- _Task_:
For the data below, restate word for word only the lines from the line containing "state = is_resolved;" through the line containing "abbrev warned : AlertRecord", both ends included.

- _Records to process_:
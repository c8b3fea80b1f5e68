-- ===== src/Alerts/Tests.antt =====
-- The alert lifecycle at concrete inputs, over the Snowflake store.
use real_time_blockchain_ana.Prelude.{
  ◌≡◌, ◌≢◌, ◌↔◌, ◌⊎◌, refl, true, false, none, some, [], ◌∷◌, ok, ℕ_discrete,
}
use real_time_blockchain_ana.Prelude.Int.{pos, ◌+ℤ◌}
use real_time_blockchain_ana.Python.Text.{codes, Text-discrete}
use real_time_blockchain_ana.Python.Time.{Instant, aware}
use real_time_blockchain_ana.Sql.{select_where}
use real_time_blockchain_ana.Freshness.{FreshnessState, fresh, stale}
use real_time_blockchain_ana.Alerts.{
  is_resolved, AlertSeverity, critical, AlertRecord, AlertDecision, HealthCondition, AlertEventType,
  NotificationEvent, alert_escalated, decide_state, severity_of, decide_problem, event_of,
  pipeline_failure, decide_alert_transition, reopen, observe_again, alert_opened, evaluate_alert,
}
use real_time_blockchain_ana.Alerts.Lifecycle.{
  Matches, Transition, event_type_of, decide_alert_transition-Transition,
}
use real_time_blockchain_ana.Alerts.Incidents.{
  opens, goes_on, Sums, Incident-Sums, event_iff_change,
}
use real_time_blockchain_ana.Alerts.Evaluation.{Evaluated, InOrder, evaluate_alert-Evaluated}
use real_time_blockchain_ana.SnowflakeAlerts.{AlertTable, get, snowflake_alert_store}
use real_time_blockchain_ana.SnowflakeAlerts.Contract.{snowflake-IsAlertStore}

abbrev condition : FreshnessState → HealthCondition
condition state = record {
  alert_key = codes "k";
  check_name = codes "c";
  pipeline_name = codes "p";
  reason_code = pipeline_failure;
  state = state;
  current_value = pos 1;
  warning_threshold = pos 0;
  stale_threshold = pos 1;
}

-- As the table is seeded.
abbrev seeded : AlertRecord
seeded = record {
  alert_key = codes "k";
  check_name = codes "c";
  pipeline_name = codes "p";
  reason_code = pipeline_failure;
  state = is_resolved;
  severity = none;
  opened_at = none;
  last_observed_at = none;
  resolved_at = none;
  incident_generation = pos 0;
  occurrence_count = pos 0;
  current_value = none;
  warning_threshold = none;
  stale_threshold = none;
  state_version = pos 0;
}

seeded-Matches : (f : FreshnessState) → Matches seeded (condition f)
unfolding Text-discrete ℕ_discrete
seeded-Matches f = (refl, refl)

decide_alert_transition-Transition_example :
    (d : AlertDecision) × (decide_alert_transition seeded (condition stale) (aware 7) ≡ ok d)
    × Transition seeded (condition stale) 7 is_resolved stale d.next_record (event_type_of d.event)
    × (((d.changed ≡ false) × (d.next_record ≡ seeded))
        ⊎ ((d.changed ≡ true) × (d.next_record.state_version ≡ pos 0 +ℤ pos 1)))
decide_alert_transition-Transition_example =
    decide_alert_transition-Transition seeded (condition stale) 7 tt (seeded-Matches stale)

abbrev warned : AlertRecord
warned = reopen seeded (condition FreshnessState.warning) AlertSeverity.warning 7

abbrev escalated : AlertRecord
escalated = observe_again warned (condition stale) critical 8

warning-not-fresh : FreshnessState.warning ≢ fresh
warning-not-fresh e = cc

stale-not-fresh : stale ≢ fresh
stale-not-fresh e = cc

-- An event of the incident that opened at 7.
abbrev event_at : AlertEventType → AlertSeverity → Instant → NotificationEvent
event_at kind severity now = record {
  event_type = kind;
  alert_key = codes "k";
  pipeline_name = codes "p";
  check_name = codes "c";
  severity = severity;
  reason_code = pipeline_failure;
  current_value = pos 1;
  warning_threshold = pos 0;
  stale_threshold = pos 1;
  opened_at = 7;
  resolved_at = none;
  observed_at = now;
  incident_generation = pos 1;
}

abbrev opening : AlertDecision
opening = record {
  next_record = warned;
  event = some (event_at alert_opened AlertSeverity.warning 7);
  changed = true;
}

abbrev escalation : AlertDecision
escalation = record {
  next_record = escalated;
  event = some (event_at alert_escalated critical 8);
  changed = true;
}

decides_opening :
    decide_alert_transition seeded (condition FreshnessState.warning) (aware 7) ≡ ok opening
unfolding decide_alert_transition decide_state severity_of decide_problem event_of Text-discrete
    ℕ_discrete ◌+ℤ◌
decides_opening = refl

decides_escalation : decide_alert_transition warned (condition stale) (aware 8) ≡ ok escalation
unfolding decide_alert_transition decide_state severity_of decide_problem event_of Text-discrete
    ℕ_discrete ◌+ℤ◌
decides_escalation = refl

event_iff_change_example :
    (some alert_opened ≡ none)
    ↔ ((warned.state ≡ seeded.state) × (warned.severity ≡ seeded.severity))
event_iff_change_example =
    event_iff_change seeded (condition FreshnessState.warning) 7 opening tt
      (seeded-Matches FreshnessState.warning) decides_opening

warned-Matches : Matches warned (condition stale)
unfolding Text-discrete ℕ_discrete
warned-Matches = (refl, refl)

Incident-Sums_example : Sums (pos 0 +ℤ pos 1) (stale ∷ FreshnessState.warning ∷ []) escalated
Incident-Sums_example =
    Incident-Sums (pos 0 +ℤ pos 1) (stale ∷ FreshnessState.warning ∷ []) escalated (
      goes_on _ _ warned (condition stale) 8 escalation
        (opens seeded (condition FreshnessState.warning) 7 opening refl tt
          (seeded-Matches FreshnessState.warning) warning-not-fresh decides_opening)
        warned-Matches stale-not-fresh decides_escalation)

abbrev alerts : AlertTable
alerts = seeded ∷ []

alerts-InOrder : InOrder snowflake_alert_store snowflake-IsAlertStore (condition stale) 7 alerts
unfolding get select_where Text-discrete ℕ_discrete
alerts-InOrder = (seeded, (refl, tt, (refl, refl)))

evaluate_alert-Evaluated_example :
    Evaluated snowflake_alert_store snowflake-IsAlertStore
      (condition stale)
      7
      (λ n t. t)
      (evaluate_alert snowflake_alert_store (λ n t. t) (condition stale) (aware 7) 2 alerts)
evaluate_alert-Evaluated_example =
    evaluate_alert-Evaluated snowflake_alert_store snowflake-IsAlertStore (condition stale) 7
      (λ n t. t) 2 alerts (λ n x h. h) alerts-InOrder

- _Answer for this exercise_:
  state = is_resolved;
  severity = none;
  opened_at = none;
  last_observed_at = none;
  resolved_at = none;
  incident_generation = pos 0;
  occurrence_count = pos 0;
  current_value = none;
  warning_threshold = none;
  stale_threshold = none;
  state_version = pos 0;
}

seeded-Matches : (f : FreshnessState) → Matches seeded (condition f)
unfolding Text-discrete ℕ_discrete
seeded-Matches f = (refl, refl)

decide_alert_transition-Transition_example :
    (d : AlertDecision) × (decide_alert_transition seeded (condition stale) (aware 7) ≡ ok d)
    × Transition seeded (condition stale) 7 is_resolved stale d.next_record (event_type_of d.event)
    × (((d.changed ≡ false) × (d.next_record ≡ seeded))
        ⊎ ((d.changed ≡ true) × (d.next_record.state_version ≡ pos 0 +ℤ pos 1)))
decide_alert_transition-Transition_example =
    decide_alert_transition-Transition seeded (condition stale) 7 tt (seeded-Matches stale)

abbrev warned : AlertRecord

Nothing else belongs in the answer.